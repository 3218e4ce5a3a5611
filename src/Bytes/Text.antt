-- ===== src/Bytes/Text.antt =====
-- Text literals as the bytes that Go stores for them: their UTF-8 encoding.
use Prim.Native.Char.{code}
use Prim.Native.String.{String}
use rawth.Base.{ℕ, ◌+◌, ◌/◌, ◌%◌, [], ◌∷◌, ◌++◌, ltb, if◌then◌else◌}
use rawth.Bytes.{Bytes}

-- One code point; `string(b)` of a byte is that of the code point `b`.
abbrev pub rune_bytes : ℕ → Bytes
rune_bytes c =
    if ltb c 0x80
    then c ∷ []
    else if ltb c 0x800
    then (0xc0 + c / 64) ∷ (0x80 + c % 64) ∷ []
    else if ltb c 0x10000
    then (0xe0 + c / 4096) ∷ (0x80 + c / 64 % 64) ∷ (0x80 + c % 64) ∷ []
    else (0xf0 + c / 262144) ∷ (0x80 + c / 4096 % 64) ∷ (0x80 + c / 64 % 64) ∷ (0x80 + c % 64) ∷ []

abbrev pub text : String → Bytes
text String.[] = []
text (String.◌∷◌ c s) = rune_bytes (code c) ++ text s
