-- ===== src/Bytes/Words.antt =====
-- Little-endian words at the front of a byte slice.
use rawth.Base.{ℕ, ◌≡◌, refl, ◌++◌, length, arith}
use rawth.Bytes.{Bytes, IsU16, IsU32, put_uint16, uint16, put_uint32, uint32}

pub uint16-put_uint16 : (n : ℕ) (rest : Bytes) → IsU16 n → uint16 (put_uint16 n ++ rest) ≡ n
unfolding uint16 put_uint16
uint16-put_uint16 n rest h = omega arith

pub uint32-put_uint32 : (n : ℕ) (rest : Bytes) → IsU32 n → uint32 (put_uint32 n ++ rest) ≡ n
unfolding uint32 put_uint32
uint32-put_uint32 n rest h = omega arith

pub length-put_uint16 : (n : ℕ) → length (put_uint16 n) ≡ 2
unfolding put_uint16
length-put_uint16 n = refl

pub length-put_uint32 : (n : ℕ) → length (put_uint32 n) ≡ 4
unfolding put_uint32
length-put_uint32 n = refl
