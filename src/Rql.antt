-- ===== src/Rql.antt =====
-- internal/rql: the query language, from text to tokens, commands and their results.
pub mod Token
pub mod Fault
pub mod Lexer
pub mod Parser
pub mod Executor
pub mod Tests
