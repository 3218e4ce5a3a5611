-- ===== src/Rql/Token.antt =====
-- internal/rql/token.go: token types, tokens, and the table of keywords.
use rawth.Base.{ℕ, List, [], ◌∷◌, Option, none, some, if◌then◌else◌, ◌==◌, Bool}
use rawth.Bytes.{Bytes, equal_bytes}
use rawth.Bytes.Text.{text}

pub data TokenType : Type 0 where
  shove yoink yeet peek keys nuke stats help : TokenType
  ttl : TokenType
  string ident number : TokenType
  eof illegal : TokenType

-- The values that `iota` gives.
abbrev pub type_code : TokenType → ℕ
type_code shove = 0
type_code yoink = 1
type_code yeet = 2
type_code peek = 3
type_code keys = 4
type_code nuke = 5
type_code stats = 6
type_code help = 7
type_code ttl = 8
type_code string = 9
type_code ident = 10
type_code number = 11
type_code eof = 12
type_code illegal = 13

-- `==` on token types
abbrev pub same_type : TokenType → TokenType → Bool
same_type s t = type_code s == type_code t

-- `literal` is the field `Literal`, `kind` the field `Type`
pub record Token : Type 0 where
  pub kind : TokenType
  pub literal : Bytes

abbrev pub token : TokenType → Bytes → Token
token t literal = record { kind = t; literal = literal }

-- `String`
unfoldable pub type_name : TokenType → Bytes
type_name shove = text "SHOVE"
type_name yoink = text "YOINK"
type_name yeet = text "YEET"
type_name peek = text "PEEK"
type_name keys = text "KEYS"
type_name nuke = text "NUKE"
type_name stats = text "STATS"
type_name help = text "HELP"
type_name ttl = text "TTL"
type_name string = text "STRING"
type_name ident = text "IDENT"
type_name number = text "NUMBER"
type_name eof = text "EOF"
type_name illegal = text "ILLEGAL"

abbrev pub keywords : List (Bytes × TokenType)
keywords =
    (text "SHOVE", shove)
    ∷ (text "shove", shove)
    ∷ (text "YOINK", yoink)
    ∷ (text "yoink", yoink)
    ∷ (text "YEET", yeet)
    ∷ (text "yeet", yeet)
    ∷ (text "PEEK", peek)
    ∷ (text "peek", peek)
    ∷ (text "KEYS", keys)
    ∷ (text "keys", keys)
    ∷ (text "NUKE", nuke)
    ∷ (text "nuke", nuke)
    ∷ (text "STATS", stats)
    ∷ (text "stats", stats)
    ∷ (text "HELP", help)
    ∷ (text "help", help)
    ∷ (text "TTL", ttl)
    ∷ (text "ttl", ttl)
    ∷ []

-- A lookup in the table; each of its keys stands there once.
unfoldable pub lookup : Bytes → List (Bytes × TokenType) → Option TokenType
lookup word [] = none
lookup word ((k, t) ∷ table) = if equal_bytes k word then some t else lookup word table

unfoldable pub lookup_ident : Bytes → TokenType
unfolding lookup
lookup_ident word = elim (lookup word keywords) [ some t ↦ t | none ↦ ident ]
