-- ===== src/Cre/Build/Index.antt =====
-- The closure `statusIndex` of `reconcilePipelineRun`.
use meteor_operator.Prelude.{
  ℕ, zero, suc, String, ◌≡◌, refl, inl, inr, Option, none, some, List, [], ◌∷◌, ◌++◌, ◌==◌, length,
  get_elem?, arith, eq_iff, Bool-cases,
}
use meteor_operator.Api.Common.{PipelineResult}
use meteor_operator.Api.Cre.{CustomRuntimeEnvironment}
use meteor_operator.Cre.Build.{run_name, find_index, index_or_append, status_index}

-- Some entry at the position carries the name.
abbrev pub NamedAt : String → List PipelineResult → ℕ → Type 0
NamedAt name prs i = (pr : PipelineResult) × (get_elem? prs i ≡ some pr) × (pr.name ≡ name)

find_index-NamedAt :
    (name : String) (prs : List PipelineResult) (i : ℕ)
    → find_index name prs ≡ some i
    → NamedAt name prs i
unfolding find_index
find_index-NamedAt name [] i h = cc
find_index-NamedAt name (pr ∷ prs) zero h = elim (Bool-cases (pr.name == name)) [
  | inl p ↦ (pr, refl, (eq_iff pr.name name).0 p)
  | inr p ↦ absurd (ground arith)
]
find_index-NamedAt name (pr ∷ prs) (suc i) h = find_index-NamedAt name prs i (ground arith)

get_elem?-last {ℓ} :
    {A : Type ℓ} (xs : List A) (x : A) → get_elem? (xs ++ x ∷ []) (length xs) ≡ some x
get_elem?-last [] x = refl
get_elem?-last (y ∷ xs) x = get_elem?-last xs x

index_or_append-NamedAt :
    (name : String) (o : Option ℕ) (result : PipelineResult) (prs : List PipelineResult)
    → find_index name prs ≡ o
    → result.name ≡ name
    → let (i, after) = index_or_append o result prs in NamedAt name after i
index_or_append-NamedAt name none result prs h n = (result, get_elem?-last prs result, n)
index_or_append-NamedAt name (some i) result prs h n = find_index-NamedAt name prs i h

find_index-append_some :
    (name : String) (prs more : List PipelineResult) (i : ℕ)
    → find_index name prs ≡ some i
    → find_index name (prs ++ more) ≡ some i
unfolding find_index
find_index-append_some name [] more i h = cc
find_index-append_some name (pr ∷ prs) more zero h = ground arith
find_index-append_some name (pr ∷ prs) more (suc i) h =
    ground (arith, find_index-append_some name prs more i)

find_index-append_none :
    (name : String) (prs : List PipelineResult) (result : PipelineResult)
    → find_index name prs ≡ none
    → result.name ≡ name
    → find_index name (prs ++ result ∷ []) ≡ some (length prs)
unfolding find_index
find_index-append_none name [] result h n = ground (arith, eq_iff result.name name)
find_index-append_none name (pr ∷ prs) result h n =
    ground (arith, find_index-append_none name prs result)

-- The position that `statusIndex` returns holds a result with the resource's name.
pub status_index-NamedAt :
    (cre : CustomRuntimeEnvironment)
    → NamedAt cre.meta.name (status_index cre).1 (status_index cre).0
unfolding status_index
status_index-NamedAt cre = index_or_append-NamedAt cre.meta.name _ _ _ refl refl

index_or_append_again :
    (name : String) (o : Option ℕ) (result : PipelineResult) (prs : List PipelineResult)
    → find_index name prs ≡ o
    → result.name ≡ name
    → let (i, after) = index_or_append o result prs in
      index_or_append (find_index name after) result after ≡ (i, after)
index_or_append_again name none result prs h n = rw (find_index-append_none name prs result h n)
index_or_append_again name (some i) result prs h n = rw h

-- Asked again of the list that it returned, it answers the same position and appends nothing, so
-- repeated reconciliations of a resource keep one result for it.
pub status_index_again :
    (cre : CustomRuntimeEnvironment)
    → status_index (record cre { status = record cre.status { pipelines = (status_index cre).1 } })
      ≡ status_index cre
unfolding status_index run_name
status_index_again cre = index_or_append_again cre.meta.name _ _ cre.status.pipelines refl refl
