-- ===== src/Prelude/Dashes.antt =====
-- Texts that are joined by dashes, and taken apart at the last dash.
use Prim.Native.Char.{Char, code}
use text.Mathlib.TextLemmas.{nil-append, cons-append}
use Prim.Native.String
use Prim.Native.String.{String}
use mathlib.Core.Path.{◌≡◌, refl, ap, ◌∙◌}
use mathlib.Core.Bool.{Bool, true, not, ◌&&◌}
use mathlib.Core.Option.{Option, none, some}
use native.Mathlib.Omega.{arith}
use meteor_operator.Prelude.Tests.{eqb, if◌then◌else◌}

abbrev pub is_dash : Char → Bool
is_dash c = eqb (code c) b'-'

-- No character is a dash.
unfoldable pub dashless : String → Bool
dashless String.[] = true
dashless (String.◌∷◌ c s) = not (is_dash c) && dashless s

-- What stands before the last dash, and what stands after it.
abbrev cut_at : Char → String → Option (String × String) → Option (String × String)
cut_at c s (some (before, after)) = some (String.◌∷◌ c before, after)
cut_at c s none = if is_dash c then some ("", s) else none

unfoldable pub cut_last : String → Option (String × String)
cut_last String.[] = none
cut_last (String.◌∷◌ c s) = cut_at c s (cut_last s)

pub cut_last-dashless : (s : String) → dashless s ≡ true → cut_last s ≡ none
unfolding cut_last dashless
cut_last-dashless String.[] h = refl
cut_last-dashless (String.◌∷◌ c s) h = ground (arith, cut_last-dashless s)

cut_last-dash :
    (after : String) → dashless after ≡ true → cut_last (String.◌∷◌ "-" after) ≡ some ("", after)
unfolding cut_last
cut_last-dash after h = rw (cut_last-dashless after h) refl

pub dash-append : (after : String) → String.◌++◌ "-" after ≡ String.◌∷◌ "-" after
dash-append after = cons-append "-" String.[] after ∙ ap (String.◌∷◌ "-") (nil-append after)

cut_last-cons :
    (c : Char) (s before after : String)
    → cut_last s ≡ some (before, after)
    → cut_last (String.◌∷◌ c s) ≡ some (String.◌∷◌ c before, after)
unfolding cut_last
cut_last-cons c s before after h = rw h refl

-- A text that ends with a dash and a text without dashes is cut there.
pub cut_last-append :
    (before after : String)
    → dashless after ≡ true
    → cut_last (String.◌++◌ before (String.◌++◌ "-" after)) ≡ some (before, after)
cut_last-append String.[] after h =
    ap cut_last (nil-append (String.◌++◌ "-" after) ∙ dash-append after) ∙ cut_last-dash after h
cut_last-append (String.◌∷◌ c before) after h =
    ap cut_last (cons-append c before (String.◌++◌ "-" after))
    ∙ cut_last-cons c (String.◌++◌ before (String.◌++◌ "-" after)) before after
        (cut_last-append before after h)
....
• **The task**
Please make an exact copy of the lines above from the line with "pub dash-append : (after" through the line with "s ≡ some (before, after)", both ends included.

• **Written solution**
pub dash-append : (after : String) → String.◌++◌ "-" after ≡ String.◌∷◌ "-" after
dash-append after = cons-append "-" String.[] after ∙ ap (String.◌∷◌ "-") (nil-append after)

cut_last-cons :
    (c : Char) (s before after : String)
    → cut_last s ≡ some (before, after)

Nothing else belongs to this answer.